An incorrect EVAP Purge system flow should set a DTC P0441. A continuous purge condition with no purge commanded by the PCM should set a DTC P1441. Refer to Evaporative Emission (EVAP) Control System for a complete description of the EVAP system.
EVAP Control System Schematic
(1) Throttle Body
(2) EVAP Solenoid Valve
(3) EVAP Vacuum Switch
(4) EVAP Canister
(5) EVAP Pressure Control Valve
(6) Floating Roll-Over Valve
(7) Fuel Tank
Visual Check of EVAP Canister
If cracked or damaged, replace EVAP canister.
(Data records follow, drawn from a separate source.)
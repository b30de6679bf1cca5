-- ===== src/Pending/Withdrawals.antt =====
-- What a withdrawal leaves pending (contract/src/feature/withdraw/api.rs, `withdraw`).
use sweat_jar.Base.{
  ℕ, ◌≡◌, ◌≢◌, refl, sym, ap, ◌∙◌, List, ◌++◌, ok, >>=-eq-ok, arith, String, take, drop,
  take-append-drop, or_panic-eq-ok, jar_not_found,
}
use mathlib.Core.List.{append_assoc}
use sweat_jar.Base.Dict.{lookup}
use sweat_jar.Base.Ensures.{Ensures, after, always, outcome}
use sweat_jar.Jar.{Deposit, Jar, try_lock, assert_not_locked}
use sweat_jar.Jar.Liquid.{get_liquid_balance_lem}
use sweat_jar.Account.{get_jar}
use sweat_jar.Contract.{Env, Contract, PromiseOrValue, value, promise, Transfer, get_account}
use sweat_jar.Withdraw.{WithdrawView, AfterWithdraw, withdraw}
use sweat_jar.World.{after_withdraw_due}
use sweat_jar.Held.{IsHeld}
use sweat_jar.Held.Restakes.{held_locked, unlocked_lem}
use sweat_jar.Held.Transfers.{IsWithdrawal, withdraw-IsWithdrawal}
use sweat_jar.Ledger.Due.{counted_of}
use sweat_jar.Pending.{IsPending, IsNewPromise}
use sweat_jar.Pending.Locks.{length-take}

-- A jar that is held with some deposits is held with the first of them.
IsHeld-shorten :
    (c : Contract) (id p : String) (front : List Deposit) (n : ℕ)
    → IsHeld id p front c
    → IsHeld id p (take n front) c
IsHeld-shorten c id p front n (a, found, (jar, listed, (locked, (back, e)))) = (
  a,
  found,
  (
    jar,
    listed,
    (
      locked,
      (
        drop n front ++ back,
        e
            ∙ (ap (λ ds. ds ++ back) (sym (take-append-drop n front))
                ∙ append_assoc (take n front) (drop n front) back),
      ),
    ),
  ),
)

-- The jar that is locked for a withdrawal was not held before.
withdraw-unlocked :
    (env : Env) (c : Contract) (product_id id p : String) (front : List Deposit)
    → IsHeld id p front c
    → Ensures (λ r. env.predecessor ≡ id → product_id ≢ p) (withdraw env c product_id)
unfolding withdraw get_jar try_lock
withdraw-unlocked env c product_id id p front h = after (get_account c env.predecessor) _ λ a ha.
    after (get_jar a product_id) _ λ jar hj. after (try_lock jar) _ λ locked hl.
      always _ (λ r _ same is.
        let (_, free) = assert_of jar hl in
        unlocked_lem jar free (
          held_locked id p front c env.predecessor h ha same (
            ap (λ key. lookup key a.jars) (sym is)
            ∙ or_panic-eq-ok (lookup product_id a.jars) jar_not_found hj)))
  where
    assert_of :
        (jar : Jar) {locked : Jar}
        → try_lock jar ≡ ok locked
        → (u : Unit {0}) × (assert_not_locked jar ≡ ok u)
    assert_of jar e = let (u, hu, _) = >>=-eq-ok (assert_not_locked jar) _ e in (u, hu)

withdrawal-IsPending :
    (env : Env) (c : Contract) (product_id : String) (t : Transfer) (call : AfterWithdraw)
    → IsWithdrawal env product_id c (promise t call)
    → IsPending c (after_withdraw_due call)
unfolding counted_of
withdrawal-IsPending env c product_id t call (owner, product, _, (jar, terms, balance, held)) =
    let (sum, bound) = get_liquid_balance_lem jar terms env.now balance in
    let n = call.request.partition_index in
    (
      (tt, tt),
      (
        take n jar.deposits,
        0,
        rw (owner, product) (IsHeld-shorten c env.predecessor product_id jar.deposits n held),
        length-take n jar.deposits bound,
        omega (arith, sum),
        refl,
      ),
    )

pub withdraw-IsNew :
    (env : Env) (c : Contract) (product_id : String)
    → Ensures (IsNewPromise after_withdraw_due c) (withdraw env c product_id)
withdraw-IsNew env c product_id = always (withdraw env c product_id) λ r e. new r e
  where
    new :
        (r : Contract × PromiseOrValue WithdrawView AfterWithdraw)
        → withdraw env c product_id ≡ ok r
        → IsNewPromise after_withdraw_due c r
    new (c', value _) e = tt
    new (c', promise t call) e =
        let is = outcome _ (withdraw-IsWithdrawal env c product_id) e in
        (
          withdrawal-IsPending env c' product_id t call is,
          λ id p front held same. (
            (λ product.
                outcome _ (withdraw-unlocked env c product_id id p front held) e (sym is.0 ∙ same)
                  (sym is.1 ∙ product)),
            tt,
          ),
        )
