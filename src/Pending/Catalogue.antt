-- ===== src/Pending/Catalogue.antt =====
-- What a withdrawal of several products relies on in the catalogue and the list of products
-- (contract/src/feature/withdraw/api.rs, `withdraw_all`).
use sweat_jar.Base.{
  ◌≡◌, ◌≢◌, false, Bool-cases, inl, inr, Option, none, some, List, [], ◌∷◌, String, str_eq, eq_iff,
  All, map,
}
use sweat_jar.Base.Dict.{Dict, IsMap, keys, lookup}
use sweat_jar.Jar.{Jar}
use sweat_jar.Account.{Account}
use sweat_jar.Withdraw.{WithdrawalRequest, listed_or_all}
use sweat_jar.Book.{jar_page}
use sweat_jar.Held.Slots.{Avoids, request_slots}
use sweat_jar.Ledger.Partitions.{covered, IsDistinct, IsBounded}
use sweat_jar.Ledger.Due.{requested}

-- No product is asked for twice.
abbrev pub IsUnique : List String → Type 0
IsUnique [] = Unit
IsUnique (id ∷ ids) = All (λ j. j ≢ id) ids × IsUnique ids

keys-IsUnique : (m : Dict Jar) → IsMap m → IsUnique (keys m)
unfolding lookup
keys-IsUnique [] h = tt
keys-IsUnique ((k, _) ∷ m) (absent, h) = (absent_keys k m absent, keys-IsUnique m h)
  where
    absent_keys : (k : String) (m : Dict Jar) → lookup k m ≡ none → All (λ j. j ≢ k) (keys m)
    absent_keys k [] e = tt
    absent_keys k ((j, v) ∷ m) e = elim (Bool-cases (str_eq j k)) [
      | inl same ↦ absurd (let z = rw (lookup, same) at e in cc)
      | inr other ↦ (
        (λ z. absurd (let y = (eq_iff j k).1 z in cc)),
        absent_keys k m (rw (lookup, other) at e),
      )
    ]

-- A list of products that is a set, or none.
abbrev pub IsUniqueList : Option (List String) → Type 0
IsUniqueList none = Unit
IsUniqueList (some ids) = IsUnique ids

pub listed-IsUnique :
    (ids : Option (List String)) (a : Account)
    → IsMap a.jars
    → IsUniqueList ids
    → IsUnique (listed_or_all ids a)
unfolding listed_or_all
listed-IsUnique none a map unique = keys-IsUnique a.jars map
listed-IsUnique (some ids) a map unique = unique

-- The requests of a list of products, against the account they are made from.
abbrev pub IsCollected : Account → List String → List WithdrawalRequest → Type 0
IsCollected a ids rs =
    IsDistinct (request_slots rs)
    × (covered (λ j. jar_page (lookup j a.jars)) (request_slots rs) ≡ requested rs)
    × IsBounded (λ j. jar_page (lookup j a.jars)) (request_slots rs)
    × All (λ r. (jar : Jar) × (lookup r.product_id a.jars ≡ some jar) × (jar.is_locked ≡ false)) rs
    × ((x : String) → All (λ j. j ≢ x) ids → Avoids x (request_slots rs))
Evaporative Emission (EVAP) Pressure Control Valve
With a hand vacuum pump, apply approximately 51 kPa (15 in. Hg) to the control vacuum tube. After ten seconds, there should be at least 17 kPa (5 in. Hg) vacuum remaining. Be sure the hand vacuum pump being used does not have an internal leak and the hose connections to control vacuum tube and pump are secure. If after 10 seconds there is less than 17 kPa (5 in. Hg) vacuum, the valve must be replaced.
With 51 kPa (15 in. Hg) vacuum still applied to the control vacuum tube, attach a short piece of hose to the valves tank tube side. Blow into the tube. You should feel the air pass through the valve. If air does not pass through, the valve must be replaced.